== Data supplied ==
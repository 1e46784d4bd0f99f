-- ===== src/Container/Detect.antt =====
-- `detect_runtime` of cross-node-rental/src/workspace/container.rs: the choice between the runtimes.
pub mod Priority
use decentralized_cc_mesh_po.Libvirt.Host.{Output}
use decentralized_cc_mesh_po.Base.{
  if◌then◌else◌, Result, ok, err, Bool, true, false, Option, none, some,
}
use decentralized_cc_mesh_po.Libvirt.Text.{Text, codes, text_eq, to_lowercase}
use decentralized_cc_mesh_po.Container.Docker.{new_docker}

pub data Chosen (L G P : Type 0) : Type 0 where
  chose_libvirt : L → Chosen L G P
  chose_gcp : G → Chosen L G P
  chose_docker chose_noop : Chosen L G P
  chose_pty : P → Chosen L G P

-- What the choice reads: two variables of the environment, what the constructions of the first two
-- runtimes come to, how `docker version` ends, and the manager of terminals if there is one.
pub record Surroundings (L G P : Type 0) : Type 0 where
  pub workspace_runtime : Option Text
  pub gcp_project_id : Option Text
  pub libvirt_from_env : Result Text L
  pub gcp_from_env : Result Text G
  pub docker_version : Result Text Output
  pub pty_manager : Option P

abbrev pub libvirt_asked : Option Text → Bool
libvirt_asked none = false
libvirt_asked (some v) = text_eq (to_lowercase v) (codes "libvirt")

abbrev pub is_set : Option Text → Bool
is_set none = false
is_set (some v) = true

module _ {L G P : Type 0} where
  abbrev without_docker : Option P → Chosen L G P
  without_docker none = chose_noop
  without_docker (some p) = chose_pty p

  abbrev or_docker : Surroundings L G P → Chosen L G P
  or_docker s = if new_docker s.docker_version then chose_docker else without_docker s.pty_manager

  abbrev tried_gcp : Result Text G → Surroundings L G P → Chosen L G P
  tried_gcp (ok g) s = chose_gcp g
  tried_gcp (err e) s = or_docker s

  abbrev or_gcp : Surroundings L G P → Chosen L G P
  or_gcp s = if is_set s.gcp_project_id then tried_gcp s.gcp_from_env s else or_docker s

  abbrev tried_libvirt : Result Text L → Surroundings L G P → Chosen L G P
  tried_libvirt (ok l) s = chose_libvirt l
  tried_libvirt (err e) s = or_gcp s

  unfoldable pub detect_runtime : Surroundings L G P → Chosen L G P
  detect_runtime s =
      if libvirt_asked s.workspace_runtime then tried_libvirt s.libvirt_from_env s else or_gcp s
===
=== Work instructions ===
Within the records, count the lines that include the word "Chosen". Answer with the number only.

=== Response to the task ===
11